“Ilana, saya mau bicara serius dengan kamu,” kata Danish. Menatap Ilana dengan mata gelapnya yang terlihat serius.
Ilana menajamkan pendengarannya. Matanya terfokus hanya pada wajah Danish. Gadis itu menunggu dengan sabar.
“Saya tidak mencintai kamu. Jadi, Ilana, tolong lupakan saja saya,” ujar Danish.

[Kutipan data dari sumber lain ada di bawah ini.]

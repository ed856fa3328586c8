-- ===== src/Types.antt =====
-- internal/signal/types.go, poll.go, pin.go, attachment.go, sticker.go: who a message comes from
-- and goes to, and the content of an outgoing message. A Go string is its bytes; a pointer that
-- may be nil is an option; a timestamp is a uint64 in milliseconds.
use go_signal.Base.{ℕ, Bool, not, Option, List, ◌++◌, Bytes, codes, is_empty, if◌then◌else◌}

pub record Recipient : Type 0 where
  pub aci : Bytes
  pub pni : Bytes
  pub number : Bytes
  pub username : Bytes

abbrev pub no_recipient : Recipient
no_recipient = record { aci = codes ""; pni = codes ""; number = codes ""; username = codes "" }

-- A recipient of whom only the ACI is known.
abbrev pub of_aci : Bytes → Recipient
of_aci aci = record { aci = aci; pni = codes ""; number = codes ""; username = codes "" }

-- Recipient.String
unfoldable pub to_string : Recipient → Bytes
to_string r =
    if not (is_empty r.aci)
    then r.aci
    else if not (is_empty r.pni)
    then codes "PNI:" ++ r.pni
    else if not (is_empty r.number)
    then r.number
    else if not (is_empty r.username)
    then codes "@" ++ r.username
    else codes ""

pub record Chat : Type 0 where
  pub group_id : Bytes
  pub recipient : Recipient

abbrev pub no_chat : Chat
no_chat = record { group_id = codes ""; recipient = no_recipient }

-- Chat.IsGroup
abbrev pub is_group : Chat → Bool
is_group c = not (is_empty c.group_id)

-- Chat.Key
unfoldable pub chat_key : Chat → Bytes
unfolding to_string
chat_key c = if is_group c then codes "group:" ++ c.group_id else to_string c.recipient

pub record RemoteAttachment : Type 0 where
  pub cdn_number : ℕ
  pub cdn_id : ℕ
  pub cdn_key : Bytes
  pub key : Bytes
  pub digest : Bytes

pub record Attachment : Type 0 where
  pub content_type : Bytes
  pub filename : Bytes
  pub size : ℕ
  pub caption : Bytes
  pub remote : RemoteAttachment

pub record Mention : Type 0 where
  pub start : ℕ
  pub length : ℕ
  pub recipient : Recipient

pub record Quote : Type 0 where
  pub author : Recipient
  pub timestamp : ℕ
  pub text : Bytes
  pub mentions : List Mention

pub record Poll : Type 0 where
  pub question : Bytes
  pub options : List Bytes
  pub allow_multiple : Bool

pub record OutgoingPollVote : Type 0 where
  pub target_author : Recipient
  pub target_timestamp : ℕ
  pub option_indexes : List ℕ
  pub vote_count : ℕ

pub record OutgoingPollClose : Type 0 where
  pub target_timestamp : ℕ

pub record OutgoingPin : Type 0 where
  pub target_author : Recipient
  pub target_timestamp : ℕ
  pub duration_seconds : ℕ
  pub forever : Bool

pub record OutgoingUnpin : Type 0 where
  pub target_author : Recipient
  pub target_timestamp : ℕ

pub record OutgoingReaction : Type 0 where
  pub emoji : Bytes
  pub remove : Bool
  pub target_author : Recipient
  pub target_timestamp : ℕ

pub record UploadedAttachment : Type 0 where
  pub id : Bytes
  pub content_type : Bytes
  pub filename : Bytes
  pub size : ℕ

pub record StickerReference : Type 0 where
  pub pack_id : Bytes
  pub pack_key : Bytes
  pub sticker_id : ℕ

pub record OutgoingSticker : Type 0 where
  pub reference : StickerReference
  pub emoji : Bytes
  pub image : UploadedAttachment

pub record OutgoingStory : Type 0 where
  pub distribution_list_id : Bytes
  pub text : Bytes
  pub file : Option UploadedAttachment
  pub allows_replies : Bool

-- The style of a TextStyle is a string that CheckTextStyles checks.
pub record TextStyle : Type 0 where
  pub start : ℕ
  pub length : ℕ
  pub style : Bytes

pub record SendRequest : Type 0 where
  pub recipients : List Recipient
  pub group_id : Bytes
  pub body : Bytes
  pub timestamp : ℕ
  pub edit_target : ℕ
  pub attachments : List UploadedAttachment
  pub sticker : Option OutgoingSticker
  pub story : Option OutgoingStory
  pub poll_create : Option Poll
  pub poll_vote : Option OutgoingPollVote
  pub poll_close : Option OutgoingPollClose
  pub pin : Option OutgoingPin
  pub unpin : Option OutgoingUnpin
  pub quote : Option Quote
  pub mentions : List Mention
  pub styles : List TextStyle
  pub reaction : Option OutgoingReaction
  pub delete_target : ℕ
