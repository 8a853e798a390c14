-- ===== src/System.antt =====
-- The program's calls one after the other, on the state that they share: those of app/services,
-- app/approvals, app/callbacks, app/analytics and app/reconciliation that read or change it, and the
-- routes of app/callbacks, app/approvals and app/operator, with what they refuse.
pub mod Both
pub mod Payments
pub mod Others
pub mod Readings
pub mod Routes
pub mod History
use mpesa_mcp_server.Common.{ℕ, String, Bool, Option, List}
use mpesa_mcp_server.Common.Dict.{Dict}
use mpesa_mcp_server.Common.Json.{Json}
use mpesa_mcp_server.World.{Env, World}
use mpesa_mcp_server.Approvals.Service.{
  create_approval_request, approve_request, reject_request, list_pending_requests,
  expire_stale_approvals,
}
use mpesa_mcp_server.Approvals.Routes.{ApprovalCall, serve_approval}
use mpesa_mcp_server.Auth.Identity.{OperatorIdentity}
use mpesa_mcp_server.Auth.Security.{Access}
use mpesa_mcp_server.Callbacks.Routes.{CallbackSettings, Site, handle_stk_callback}
use mpesa_mcp_server.Config.Settings.{Settings}
use mpesa_mcp_server.Operator.Routes.{OperatorCall, serve_operator}
use Prim.Native.Char.{Char}
use mpesa_mcp_server.Payments.Records.{PaymentSettings, StkPush}
use mpesa_mcp_server.Payments.Service.{initiate_stk_push, execute_approved_payment}
use mpesa_mcp_server.Callbacks.Payload.{Builtins}
use mpesa_mcp_server.Callbacks.Handler.{process}
use mpesa_mcp_server.Receipts.Service.{generate_receipt, generate_receipt_by_reference}
use mpesa_mcp_server.Transactions.StatusService.{check_transaction_status}
use mpesa_mcp_server.Analytics.Service.{get_today_summary}
use mpesa_mcp_server.Reconciliation.Service.{run_reconciliation}

-- Any number of steps, in any order.
pub data Reach (R : World → World → Type 0) : World → World → Type 0 where
  done : (w : World) → Reach R w w
  then_step : (w v u : World) → R w v → Reach R v u → Reach R w u

-- One call takes the state before to the state after, whether it returns or raises.
module _ (env : Env) (settings : PaymentSettings) (builtins : Builtins) where
  -- The calls of the services that the tools make, an approval by itself and the handler of the
  -- callbacks.
  pub data ServiceStep : World → World → Type 0 where
    initiating :
        (push : StkPush) (w : World) → ServiceStep w (initiate_stk_push env settings push w).1
    executing :
        (id operator_id : String) (w : World)
        → ServiceStep w (execute_approved_payment env settings id operator_id w).1
    approving :
        (id operator_id : String) (w : World)
        → ServiceStep w (approve_request env settings.approvals id operator_id w).1
    rejecting :
        (id : String) (w : World) → ServiceStep w (reject_request env settings.approvals id w).1
    listing : (w : World) → ServiceStep w (list_pending_requests env settings.approvals w).1
    calling_back :
        (payload : Dict Json) (w : World) → ServiceStep w (process env builtins payload w).1
    receipting : (id : String) (w : World) → ServiceStep w (generate_receipt env id w).1
    querying :
        (id : String) (w : World)
        → ServiceStep w (check_transaction_status env settings.max_stk_amount id w).1
    summarizing : (date : ℕ → ℕ) (w : World) → ServiceStep w (get_today_summary env date w).1
    reconciling : (minutes : ℕ) (w : World) → ServiceStep w (run_reconciliation env minutes w).1

  -- All calls on the shared state: those, the other calls of the services that read or change it,
  -- and the routes, whatever their settings are and whatever has been found of the principal.
  pub data Step : World → World → Type 0 where
    serving : (w v : World) → ServiceStep w v → Step w v
    creating :
        (action : String) (payload : Dict Json) (reason : String) (w : World)
        → Step w (create_approval_request env settings.approvals action payload reason w).1
    expiring : (w : World) → Step w (expire_stale_approvals env settings.approvals w).1
    reviewing :
        (call : ApprovalCall) (access : Access) (w : World)
        → Step w (serve_approval env settings call access w).1
    routing_callback :
        (quote : String → String) (callbacks : CallbackSettings) (now : ℕ)
        (callback_secret : Option String) (headers : Dict String) (payload : Dict Json)
        (site : Site)
        → Step site.world
            (handle_stk_callback env builtins quote callbacks
              (process env builtins)
              now
              callback_secret
              headers
              payload
              site).1.world
    receipting_by_reference :
        (reference : String) (w : World) → Step w (generate_receipt_by_reference env reference w).1
    operating :
        (date : ℕ → ℕ) (minutes : ℕ) (s : Settings) (dependencies : List Bool)
        (is_space : Char → Bool) (lower : String → String)
        (jwks : Settings → Option String → Option OperatorIdentity) (call : OperatorCall)
        (authorization : Option String) (w : World)
        → Step w
            (serve_operator env date minutes s dependencies is_space lower jwks call authorization
              w).1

Runtuh semua harapan dan penantian Ilana selama ini. Dengan beberapa kata yang Danish ucapkan padanya, berhasil membuat bibir Ilana melengkung ke bawah.
Gadis itu masih termangu di depan Danish. Ia seolah tak tahu bagaimana harus menanggapi. Apakah Ilana baru saja mendapatkan penolakan cinta?
“Ilana, kamu enggak apa-apa?” Danish masih bisa bertanya, sedangkan hati Ilana sangat hancur sampai tak bisa berkata-kata.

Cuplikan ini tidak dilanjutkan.